Syngelechia

Scientific classification
- Kingdom: Animalia
- Phylum: Arthropoda
- Class: Insecta
- Order: Lepidoptera
- Family: Gelechiidae
- Subfamily: Gelechiinae
- Genus: Syngelechia Janse, 1958
- Species: S. psimythota
- Binomial name: Syngelechia psimythota (Meyrick, 1913)
- Synonyms: Gelechia psimythota Meyrick, 1913; Telphusa emphanista Meyrick, 1921;

= Syngelechia =

- Authority: (Meyrick, 1913)
- Synonyms: Gelechia psimythota Meyrick, 1913, Telphusa emphanista Meyrick, 1921
- Parent authority: Janse, 1958

Genus of moths

Syngelechia is a genus of moths in the family Gelechiidae erected by Anthonie Johannes Theodorus Janse in 1958. Its only species, Syngelechia psimythota, was first described by Edward Meyrick in 1913. It is found in South Africa.

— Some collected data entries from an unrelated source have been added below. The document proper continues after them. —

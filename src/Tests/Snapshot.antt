-- ===== src/Tests/Snapshot.antt =====
-- Snapshots of small tables, whose values are numbers, and of a small dump.
use excalibase_watcher.Postgres.Snapshot.Sql.{first_text, later_text, page_text}
use excalibase_watcher.Postgres.Dump.Blocks.{
  parse_dump_file-blocks, IsBlock, dump_events, dump_lines, Block,
}
use excalibase_watcher.Postgres.Dump.{parse_dump_file}
use excalibase_watcher.Postgres.Snapshot.{
  ChunkSpec, Row, Arg, value, number, Answer, rows, query_failed, finished, failed,
  validate_identifier, build_snapshot_event, key_value, snapshot_by_pk, by_offset, snapshot_table,
  run_chunked_snapshot,
}
use excalibase_watcher.Postgres.Snapshot.Complete.{snapshot_by_pk-all, by_offset-all}
use excalibase_watcher.Postgres.Snapshot.Beyond.{above}
use excalibase_watcher.Postgres.Snapshot.Stops.{events_of, run_chunked_snapshot-failed}
use excalibase_watcher.Base.{
  true, ℕ, ◌≡◌, refl, inl, false, Option, none, some, List, [], ◌∷◌, ◌++◌, map, arith,
  if◌then◌else◌, take, drop, Bytes, codes, bytes_eq, decimal,
}

abbrev NumberRow : Type 0
NumberRow = Row {V = ℕ} decimal 7

abbrev users_spec : ChunkSpec
users_spec = record {
  schema = codes "public";
  table = codes "users";
  pk = codes "id";
  columns = codes "id" ∷ codes "name" ∷ [];
  chunk_size = 2;
}

abbrev user : ℕ → NumberRow
user id = some id ∷ none ∷ []

abbrev users : List NumberRow
users = user 1 ∷ user 2 ∷ user 5 ∷ []

abbrev id_of : NumberRow → ℕ
id_of [] = 0
id_of (none ∷ _) = 0
id_of (some id ∷ _) = id

abbrev rank : ℕ → ℕ
rank id = id

-- A database that knows the three texts of a snapshot of `users`.
abbrev database : Bytes × List (Arg {V = ℕ} decimal 7) → Answer {V = ℕ} decimal 7
database (text, number limit ∷ []) =
    if bytes_eq text (first_text {V = ℕ} decimal 7 users_spec)
    then rows (take limit users) false
    else query_failed
database (text, number limit ∷ number offset ∷ []) =
    if bytes_eq text (page_text {V = ℕ} decimal 7 users_spec)
    then rows (take limit (drop offset users)) false
    else query_failed
database (text, value last ∷ number limit ∷ []) =
    if bytes_eq text (later_text {V = ℕ} decimal 7 users_spec)
    then rows (take limit (above decimal 7 users_spec id_of rank last users)) false
    else query_failed
database _ = query_failed

snapshot_by_pk-all_example :
    snapshot_by_pk decimal 7 database 4 users_spec
    ≡ record { events = map (build_snapshot_event decimal 7 users_spec) users; status = finished }
unfolding validate_identifier key_value bytes_eq
snapshot_by_pk-all_example =
    snapshot_by_pk-all decimal 7 users_spec id_of rank database users (omega arith) 4 refl
      (omega arith, (omega arith, (omega arith, tt)))
      ((λ last. refl), ((λ last. refl), ((λ last. refl), tt))) (omega arith)
      (record { first = λ n. refl; later = λ v n. refl })

by_offset-all_example :
    by_offset decimal 7 database 4 users_spec 0
    ≡ record { events = map (build_snapshot_event decimal 7 users_spec) users; status = finished }
unfolding bytes_eq
by_offset-all_example =
    by_offset-all decimal 7 users_spec id_of rank database users (omega arith) 4 (omega arith)
      (omega arith, (omega arith, (omega arith, tt))) (record { page = λ a n offset. refl })

abbrev columns_of : Bytes → Option (List Bytes)
columns_of table = some (codes "id" ∷ codes "name" ∷ [])

-- The catalogue query for the key fails for one table.
abbrev key_of : Bytes → Option Bytes
key_of table = if bytes_eq table (codes "broken") then none else some []

run_chunked_snapshot-failed_example :
    run_chunked_snapshot decimal 7 database columns_of key_of 4
      (codes "public")
      2
      none
      (codes "users" ∷ codes "broken" ∷ codes "later" ∷ [])
    ≡ record {
      events =
          events_of decimal 7 database columns_of key_of 4 (codes "public") 2 (codes "users" ∷ [])
          ++ (snapshot_table decimal 7 database columns_of key_of 4
              (codes "public")
              2
              (codes "broken")).events;
      status = failed;
    }
unfolding validate_identifier bytes_eq snapshot_table
run_chunked_snapshot-failed_example =
    run_chunked_snapshot-failed decimal 7 database columns_of key_of 4 (codes "public") 2 none
      (codes "users" ∷ codes "broken" ∷ codes "later" ∷ []) (codes "users" ∷ []) (codes "broken")
      (codes "later" ∷ []) refl (inl refl) (refl, tt) refl

-- A header pattern that knows one line.
abbrev header_line : Bytes
header_line = codes "COPY public.users (id, name) FROM stdin;"

abbrev copy_header : Bytes → Option (Bytes × (Bytes × Bytes))
copy_header line =
    if bytes_eq line header_line
    then some (codes "public", (codes "users", codes "id, name"))
    else none

abbrev users_block : Block
users_block = record {
  noise = codes "--" ∷ [];
  header = header_line;
  schema = codes "public";
  table = codes "users";
  columns = (codes "id", codes "name" ∷ []);
  table_rows = (some (codes "7"), none ∷ []) ∷ (some (codes "8"), some (codes "Bo") ∷ []) ∷ [];
}

parse_dump_file-blocks_example :
    parse_dump_file copy_header 7
      (codes "0/1")
      (some (dump_lines (users_block ∷ []) (codes "SELECT 1;" ∷ []), true))
    ≡ (dump_events copy_header 7 (codes "0/1") (users_block ∷ []), true)
unfolding validate_identifier bytes_eq
parse_dump_file-blocks_example =
    parse_dump_file-blocks copy_header 7 (codes "0/1") true (users_block ∷ [])
      (codes "SELECT 1;" ∷ []) (users-IsBlock, tt) (refl, tt)
  where
    users-IsBlock : IsBlock copy_header 7 (codes "0/1") users_block
    users-IsBlock = record {
      noise_read = (refl, tt);
      header_read = refl;
      valid_schema = refl;
      valid_table = refl;
      plain_names = (
        ((refl, refl), ((refl, refl), tt)),
        (((refl, refl), ((refl, refl), ((refl, refl), ((refl, refl), tt)))), tt),
      );
      plain = (
        (((refl, refl), tt), (tt, tt)),
        ((((refl, refl), tt), (((refl, refl), ((refl, refl), tt)), tt)), tt),
      );
    }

The wingspan is about 15 mm. The forewings are ochreous white with a black dot almost at the base of the fold. There is a narrow oblique irregular dark fuscous fascia towards the base, extended along the costa to the base, the anterior edge suffused. There is a semi-oval dark fuscous spot on the costa towards the middle and there is a narrower semi-oval dark fuscous spot on the costa at about two-thirds. The second discal stigma is transverse linear, dark fuscous. A tornal patch of dark fuscous suffusion is found beneath this where a suffused dark fuscous streak runs along the termen to the apex. The hindwings are whitish grey.